Юные годы - Владлен Немец страница 2.

Шрифт
Фон

– Обрежь края, а то не помещается, – говорит Борис.

Юра обрезает кнопки. Уф, пролетело!

Стенгазета вывешена. Около нее толпятся наши одноклассники. Только мы трое стараемся не смотреть в ее сторону.


Колючка

Восьмой класс. Первый послевоенный год. Голодновато. Всё по карточкам. Школьников пытаются подкармливать: в буфете винегрет. А в класс приносят пирожки. На подносе. Кто то поддает под днище подноса. Начинается шарап. Сильным достается всё. Более слабым и девочкам – ничего.

С этим надо кончать! Пишу заметку в школьную сатирическую стенгазету «Колючку». Заметка проходит на ура – сатирических материалов всегда нехватает. Поскольку газета делалась в спешке, то никто, в том числе и я, не заметил, что в заметке не был указан конкретный класс. Результаты не замедлили сказаться. Уже на завтра членов редколлегии начали посещать представители разных классов, от третьего и до девятого (в этой школе старшего), с обещанием вздуть. Оказалось, что описанные в заметке события происходили в каждом классе, а преследование за критику существовало во все времена.


Арон Моисеевич Радунский

Арон Моисеевич Радунский, директор нашей школы, был человеком безусловно неординарным. Во-первых, по слухам он уже несколько раз разводился – всё с одной и той же супругой, что, конечно же, свидетельствовало о его постоянстве. Во-вторых, он был человеком ехидным. Как-то на педсовете стоял вопрос об исключении из школы одного ученика. Его поймали с поличным, когда он «обследовал» химический кабинет – бог его знает, что он мог там найти.

За парня вступился физик, Рисс: «Это очень способный ученик. Он интересуется физикой.».

– А что, в физическом кабинете всё цело? – бросил реплику Радунский. Судьба парня была решена.

А на уроках по математике, которую Арон Моисеевич вел в старших классах, нам доставалось. Выслушав ответ незадачливого школьника Арон Моисеевич начинал: «Ну что ж, сегодняшний матриал вы подготовили хорошо, но, – большой палец правой руки отрывался от кулака, поднимался, изгибался и начинал вращаться, – элементарных знаний нехвататет. – Директор переходил на ты, – Садись, двойка!» – и большой палец прищелкивал, как если бы давил вошь.


Традиции и кое-что еще

Может быть не вредно упомянуть об одной особенности нашей школы № 336 им.

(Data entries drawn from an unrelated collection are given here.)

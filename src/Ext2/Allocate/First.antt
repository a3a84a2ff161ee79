-- ===== src/Ext2/Allocate/First.antt =====
-- The searches of the allocator: the group with the most that is free, and the first clear bit.
use embext.Base.{ℕ, zero, suc, ◌+◌, ◌≤◌, ◌<◌, ◌≡◌, refl, sym, arith, some, List, ltb}
use native.Mathlib.Decide.{ℕ_discrete}
use embext.Ext2.Group.{ext2_get_bg_descriptor}
use embext.Driver.{ok}
use embext.Ext2.State.{ext2_block_size}
use embext.Base.{ltb→lt, true, false, Bool-cases, inl, inr}
use embext.Driver.{BlockDriver}
use embext.Ext2.Layout.{BlockGroupDescriptor}
use embext.Ext2.Monad.{◌>>=◌}
use embext.Ext2.State.{Volume}
use embext.Ext2.Bitmap.{test_bit, first_clear}
use embext.Ext2.Group.Mounted.{IsMounted}
use embext.Ext2.Group.Read.{group_of, sector_of, with_sysbuf, ext2_get_bg_descriptor-group_of}
use embext.Ext2.Allocate.{MostFree, better, none_free, find_most_free}

-- `best` is the answer for the groups below `n`: no group has more, and an earlier group has less.
-- When no group has any, the group named is 0.
pub record IsFirstMost (free : ℕ → ℕ) (n : ℕ) (best : MostFree) : Type 0 where
  pub most : (g : ℕ) → g < n → free g ≤ best.count
  pub first : (g : ℕ) → g < best.group → free g < best.count
  pub found : 0 < best.count → (best.group < n) × (free best.group ≡ best.count)
  pub full : best.count ≡ 0 → best.group ≡ 0

IsFirstMost-cast :
    (free : ℕ → ℕ) (n m : ℕ) (best : MostFree)
    → n ≡ m
    → IsFirstMost free n best
    → IsFirstMost free m best
IsFirstMost-cast free n m best e is = rw (sym e) is

IsFirstMost-better :
    (free : ℕ → ℕ) (n : ℕ) (best : MostFree)
    → IsFirstMost free n best
    → IsFirstMost free (n + 1) (better best (free n) n)
IsFirstMost-better free n best is = elim (Bool-cases (ltb best.count (free n))) [
  | inl e ↦ rw e (record {
    most = λ g lt. elim (ℕ_discrete g n) [
      | yes same ↦ rw same (omega arith)
      | no ne ↦ omega (arith, is.most g (omega arith), ltb→lt best.count (free n) e)
    ];
    first = λ g lt. omega (arith, is.most g lt, ltb→lt best.count (free n) e);
    found = λ pos. (omega arith, refl);
    full = λ zero. absurd (omega (arith, ltb→lt best.count (free n) e));
  })
  | inr e ↦ rw e (record {
    most = λ g lt. elim (ℕ_discrete g n) [
      | yes same ↦ rw same (ground (arith, e))
      | no ne ↦ is.most g (omega arith)
    ];
    first = is.first;
    found = λ pos. (omega (arith, (is.found pos).0), (is.found pos).1);
    full = is.full;
  })
]

first_clear-from :
    (byte left j : ℕ)
    → ((k : ℕ) → k < j → test_bit byte k ≡ true)
    → (first_clear left j byte ≤ j + left)
      × ((k : ℕ) → k < first_clear left j byte → test_bit byte k ≡ true)
      × (first_clear left j byte < j + left → test_bit byte (first_clear left j byte) ≡ false)
unfolding first_clear
first_clear-from byte zero j before = (omega arith, before, λ lt. absurd (omega arith))
first_clear-from byte (suc left) j before = elim (Bool-cases (test_bit byte j)) [
  | inl e ↦
      let (le, all, clear) =
        first_clear-from byte left (j + 1) (λ k lt. elim (ℕ_discrete k j) [
          | yes same ↦ rw same e
          | no ne ↦ before k (omega arith)
        ]) in
      rw e (omega (arith, le), all, λ lt. clear (omega arith))
  | inr e ↦ rw e (omega arith, before, λ lt. e)
]

module _ ⦃drv : BlockDriver⦄ where
  continues :
      (count : BlockGroupDescriptor → ℕ) (left i : ℕ) (best result : MostFree)
      (v v1 v' : Volume drv.Device) (bg : BlockGroupDescriptor)
      → ext2_get_bg_descriptor i v ≡ some (ok bg, v1)
      → find_most_free count left (i + 1) (better best (count bg) i) v1 ≡ some (result, v')
      → find_most_free count (suc left) i best v ≡ some (result, v')
  unfolding find_most_free ◌>>=◌
  continues count left i best result v v1 v' bg got ran = ground (arith, got, ran)

  find_most_free-from :
      (count : BlockGroupDescriptor → ℕ) (left i j : ℕ) (best : MostFree) (v : Volume drv.Device)
      → IsMounted v
      → i + left ≡ j
      → j ≤ v.context.num_blockgroups
      → IsFirstMost (λ g. count (group_of v g)) i best
      → (result : MostFree) × (sysbuf : List ℕ) × (find_most_free count left i best v
          ≡ some (result, with_sysbuf v sysbuf))
        × IsFirstMost (λ g. count (group_of v g)) j result
        × IsMounted (with_sysbuf v sysbuf)
  unfolding find_most_free ext2_block_size
  find_most_free-from count zero i j best v is e le first = (
    best,
    v.context.sysbuf,
    unfold ◌>>=◌ in refl,
    IsFirstMost-cast _ i j best (omega arith) first,
    is,
  )
  find_most_free-from count (suc left) i j best v is e le first =
      let (got, mounted) = ext2_get_bg_descriptor-group_of v i is (omega arith) in
      let v1 = with_sysbuf v (sector_of v i) in
      let bg = group_of v i in
      let step = IsFirstMost-better (λ g. count (group_of v g)) i best first in
      let (result, sysbuf, ran, most, kept) =
        find_most_free-from count left (i + 1) j (better best (count bg) i) v1 mounted (omega arith)
          le step in
      (
        result,
        sysbuf,
        continues count left i best result v v1 (with_sysbuf v sysbuf) bg got ran,
        most,
        kept,
      )

  -- On a mounted volume, the search of the allocator names a group with the most that is free, the
  -- first of those with as many, and changes nothing but `sysbuf`; when no group has any left, the
  -- count is 0 and the group is 0.
  pub find_most_free-IsFirstMost :
      (count : BlockGroupDescriptor → ℕ) (v : Volume drv.Device)
      → IsMounted v
      → (result : MostFree) × (sysbuf : List ℕ) × (find_most_free count v.context.num_blockgroups 0
            none_free v
          ≡ some (result, with_sysbuf v sysbuf))
        × IsFirstMost (λ g. count (group_of v g)) v.context.num_blockgroups result
        × IsMounted (with_sysbuf v sysbuf)
  find_most_free-IsFirstMost count v is =
      find_most_free-from count v.context.num_blockgroups 0 v.context.num_blockgroups none_free v is
        (omega arith) (omega arith)
        (record {
          most = λ g lt. absurd (omega arith);
          first = λ g lt. absurd (omega arith);
          found = λ pos. absurd (omega arith);
          full = λ zero. refl;
        })

-- The first clear bit of a byte is below 8 unless all eight bits are set, is clear, and every bit
-- before it is set; where all eight are set, 8 is returned.
pub first_clear-IsFirst :
    (byte : ℕ)
    → (first_clear 8 0 byte ≤ 8)
      × ((k : ℕ) → k < first_clear 8 0 byte → test_bit byte k ≡ true)
      × (first_clear 8 0 byte < 8 → test_bit byte (first_clear 8 0 byte) ≡ false)
first_clear-IsFirst byte = first_clear-from byte 8 0 (λ k lt. absurd (omega arith))
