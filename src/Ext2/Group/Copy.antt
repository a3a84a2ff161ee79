-- ===== src/Ext2/Group/Copy.antt =====
-- The write of one copy of the superblock in `ext2_flush_superblock`.
use embext.Base.{ℕ, ◌<◌, ◌≡◌, sym, arith, some, List, ◌++◌}
use embext.Base.{
  drop-append_left, length-append, length, drop, replicate, get_elem?, splice, overlay,
  splice_inside,
}
use embext.Driver.{BlockDriver, Wrote}
use embext.Ext2.Layout.{Superblock, superblock_bytes}
use embext.Ext2.Layout.RoundTrip.{IsSuperblock, length-superblock_bytes}
use embext.Ext2.Monad.{◌>>=◌}
use embext.Ext2.State.{Volume, ext2_block_size}
use embext.Ext2.Sector.{write_sysbuf}
use embext.Ext2.Group.{copy_sector, flush_copy}
use embext.Ext2.Group.Mounted.{IsMounted, numbered, numbered-IsSuperblock}

-- The sector of a superblock: its 264 bytes, and zeros.
unfoldable pub image : Superblock → List ℕ
image sb = superblock_bytes sb ++ replicate 248 0

pub length-image : (sb : Superblock) → IsSuperblock sb → length (image sb) ≡ 512
unfolding image
length-image sb fits =
    omega (
      arith,
      length-append (superblock_bytes sb) (replicate 248 0),
      length-superblock_bytes sb fits,
    )

pub drop-image : (sb : Superblock) → IsSuperblock sb → drop 264 (image sb) ≡ replicate 248 0
unfolding image
drop-image sb fits =
    drop-append_left 264 (superblock_bytes sb) (replicate 248 0)
      (sym (length-superblock_bytes sb fits))

-- Copying the superblock over the start of a cleared sector.
splice-image :
    (sysbuf : List ℕ) (sb : Superblock)
    → IsSuperblock sb
    → length sysbuf ≡ 512
    → drop 264 sysbuf ≡ replicate 248 0
    → splice sysbuf 0 (superblock_bytes sb) ≡ some (image sb)
unfolding image overlay
splice-image sysbuf sb fits sized zeros = rw (
  splice_inside sysbuf 0 (superblock_bytes sb) (omega (arith, length-superblock_bytes sb fits)),
  length-superblock_bytes sb fits,
  zeros,
)

module _ ⦃drv : BlockDriver⦄ where
  -- The volume behind the write of the copy in block `b`, on the device that it left.
  abbrev pub flushed_to : Volume drv.Device → ℕ → drv.Device → Volume drv.Device
  flushed_to v b d = record {
    device = d;
    context = record v.context {
      superblock = numbered b v.context.superblock;
      sysbuf = image (numbered b v.context.superblock);
    };
  }

  -- A write of 512 bytes in `sysbuf` to a sector of the device.
  pub write_sysbuf-Wrote :
      (sector : ℕ) (v : Volume drv.Device)
      → drv.IsReady v.device
      → sector < drv.volume_size v.device
      → length v.context.sysbuf ≡ 512
      → (d : drv.Device) × (write_sysbuf sector v ≡ some (tt, record v { device = d }))
        × Wrote drv.IsReady drv.volume_size drv.read_only drv.block_read sector v.context.sysbuf
            v.device d
  unfolding write_sysbuf
  write_sysbuf-Wrote sector v ready inside sized =
      let (d, e, wrote) = drv.write_inside v.device sector v.context.sysbuf ready inside sized in
      (d, rw (e, write_sysbuf), wrote)

  pub flush_copy-Wrote :
      (v : Volume drv.Device) (i b : ℕ)
      → IsMounted v
      → drop 264 v.context.sysbuf ≡ replicate 248 0
      → get_elem? v.context.superblock_blocks i ≡ some b
      → (d : drv.Device) × (flush_copy i v ≡ some (tt, flushed_to v b d))
        × Wrote drv.IsReady drv.volume_size drv.read_only drv.block_read
            (copy_sector v.context b)
            (image (numbered b v.context.superblock))
            v.device
            d
  unfolding flush_copy ◌>>=◌
  flush_copy-Wrote v i b is zeros at =
      let sb = numbered b v.context.superblock in
      let fits : IsSuperblock sb =
        numbered-IsSuperblock b v.context.superblock is.superblock_fits in
      let filled = splice-image v.context.sysbuf sb fits is.sysbuf_sized zeros in
      let w : Volume drv.Device = flushed_to v b v.device in
      let (d, e, wrote) =
        write_sysbuf-Wrote (copy_sector v.context b) w is.ready (is.copies_inside i b at)
          (length-image sb fits) in
      (d, ground (arith, at, filled, e), wrote)

  pub flushed_to-IsMounted :
      (v : Volume drv.Device) (b : ℕ) (d : drv.Device) (sector : ℕ) (bytes : List ℕ)
      → IsMounted v
      → Wrote drv.IsReady drv.volume_size drv.read_only drv.block_read sector bytes v.device d
      → IsMounted (flushed_to v b d)
  unfolding ext2_block_size
  flushed_to-IsMounted v b d sector bytes is wrote = record {
    ready = wrote.ready;
    sysbuf_sized = length-image (numbered b v.context.superblock) fits;
    superblock_fits = fits;
    copies_listed = is.copies_listed;
    primary_inside = λ g lt. rw wrote.same_size (is.primary_inside g lt);
    tables_inside = λ i c g at lt. rw wrote.same_size (is.tables_inside i c g at lt);
    copies_inside = λ i c at. rw wrote.same_size (is.copies_inside i c at);
  }
    where
      fits : IsSuperblock (numbered b v.context.superblock)
      fits = numbered-IsSuperblock b v.context.superblock is.superblock_fits
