-- ===== src/Ext2/Group/Success.antt =====
-- `ext2_write_bg_descriptor` on a mounted volume.
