-- ===== src/Ext2/Bitmap/Bits.antt =====
-- The bit operations on a byte, checked at every byte and bit.
use native.Mathlib.Decide.{ℕ_discrete}
use embext.Base.{
  ◌+◌, ◌≤◌, ℕ, zero, suc, ◌<◌, ◌≡◌, refl, Bool, true, false, ◌&&◌, ◌||◌, not, arith, ◌≢◌,
}
use embext.Base.{◌==◌, ltb}
use embext.Ext2.Bitmap.{test_bit, set_bit, clear_bit}

-- A test holds of each of the `count` numbers from `start` on.
holds_from : (start count : ℕ) → (ℕ → Bool) → Bool
holds_from start zero test = true
holds_from start (suc count) test = holds_from (start + 1) count test && test start

holds_from_at :
    (count start : ℕ) (test : ℕ → Bool) (value : ℕ)
    → holds_from start count test ≡ true
    → start ≤ value
    → value < start + count
    → test value ≡ true
unfolding holds_from
holds_from_at zero start test value all from to = absurd (omega arith)
holds_from_at (suc count) start test value all from to = elim (ℕ_discrete start value) [
  | yes e ↦ ground (arith, e)
  | no ne ↦ ground (arith, ne, holds_from_at count (start + 1) test value)
]

holds_below : (count : ℕ) → (ℕ → Bool) → Bool
unfolding holds_from
holds_below count test = holds_from 0 count test

holds_below_at :
    (count : ℕ) (test : ℕ → Bool) (value : ℕ)
    → holds_below count test ≡ true
    → value < count
    → test value ≡ true
unfolding holds_below
holds_below_at count test value all to =
    holds_from_at count 0 test value all (omega arith) (omega arith)

all_bits_sound :
    (p : ℕ → ℕ → Bool) (byte bit : ℕ)
    → holds_below 256 (λ x. holds_below 8 (p x)) ≡ true
    → byte < 256
    → bit < 8
    → p byte bit ≡ true
all_bits_sound p byte bit h byte_lt bit_lt =
    holds_below_at 8 (p byte) bit (holds_below_at 256 (λ x. holds_below 8 (p x)) byte h byte_lt)
      bit_lt

abbrev same : Bool → Bool → Bool
same true b = b
same false b = not b

same→eq : (a b : Bool) → same a b ≡ true → a ≡ b
same→eq a b h = ground arith

-- What setting and clearing a bit does to it and to the byte.
abbrev law : ℕ → ℕ → Bool
law byte bit =
    test_bit (set_bit byte bit) bit
    && not (test_bit (clear_bit byte bit) bit)
    && ltb (set_bit byte bit) 256
    && ltb (clear_bit byte bit) 256
    && (test_bit byte bit || clear_bit (set_bit byte bit) bit == byte)
    && (not (test_bit byte bit) || set_bit (clear_bit byte bit) bit == byte)

law_table : holds_below 256 (λ x. holds_below 8 (law x)) ≡ true
unfolding holds_below test_bit set_bit clear_bit
law_table = refl

-- What they do to another bit.
abbrev other_law : ℕ → ℕ → ℕ → Bool
other_law other byte bit =
    other == bit
    || same (test_bit (set_bit byte bit) other) (test_bit byte other)
      && same (test_bit (clear_bit byte bit) other) (test_bit byte other)

other_table :
    holds_below 8 (λ other. holds_below 256 (λ x. holds_below 8 (other_law other x))) ≡ true
unfolding holds_below test_bit set_bit clear_bit
other_table = refl

pub record BitLaws (byte bit : ℕ) : Type 0 where
  pub set_test : test_bit (set_bit byte bit) bit ≡ true
  pub clear_test : test_bit (clear_bit byte bit) bit ≡ false
  pub set_lt : set_bit byte bit < 256
  pub clear_lt : clear_bit byte bit < 256
  pub clear_set : test_bit byte bit ≡ false → clear_bit (set_bit byte bit) bit ≡ byte
  pub set_clear : test_bit byte bit ≡ true → set_bit (clear_bit byte bit) bit ≡ byte

pub bit_laws : (byte bit : ℕ) → byte < 256 → bit < 8 → BitLaws byte bit
bit_laws byte bit byte_lt bit_lt =
    ground (arith, all_bits_sound law byte bit law_table byte_lt bit_lt)

pub other_bit_laws :
    (byte bit other : ℕ)
    → byte < 256
    → bit < 8
    → other < 8
    → other ≢ bit
    → (test_bit (set_bit byte bit) other ≡ test_bit byte other)
      × (test_bit (clear_bit byte bit) other ≡ test_bit byte other)
other_bit_laws byte bit other byte_lt bit_lt other_lt ne = ground (
  arith,
  all_bits_sound (other_law other) byte bit
      (holds_below_at 8 (λ o. holds_below 256 (λ x. holds_below 8 (other_law o x))) other
        other_table other_lt)
      byte_lt bit_lt,
)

Радищева. В каком-то смысле это была элитная школа. Я не зря употребил выражение «в каком-то смысле». Дело в том, что там учились, в основном, дети работников знаменитого в то время ЦАГИ – Центрального Аэрогидро Института и подведомственного этому институту опытного завода № 156. Считалось, что радищевцы (так мы себя называли) проходят под эгидой ЦАГИ весь воспитательно-образовательный цикл, то есть детский сад, школу и институт, а затем идут работать в ЦАГИ или на 156-ой завод. Поэтому в школе царил культ авиации. Учили нас, наверное, неплохо, судя по тому, что все выпускники, из тех кого я знаю, стали инженерами, кандидатами и докторами технических наук. Исключением, кажется, был только Эдуард Павлович Думпэ, который стал профессором и доктором медицинских наук.


Эвакуация

22 июня 1941 года. Выступление Молотова. Мы уверены в скорой победе. В стране пропагандировалась знаменитая формула «На вражьей земле мы врага разобьем малой кровью, могучим ударом». Писали о каком-то Ворошиловском залпе, который многократно превосходит суммарный залп немецкой артиллерии, и т. д. и т. п., Сводки первых дней войны также способствовали такому шапкозакидательскому настроению. Советское руководство всегда заботилось о том, чтобы не пугать граждан, а потому старалось как можно меньше их информировать.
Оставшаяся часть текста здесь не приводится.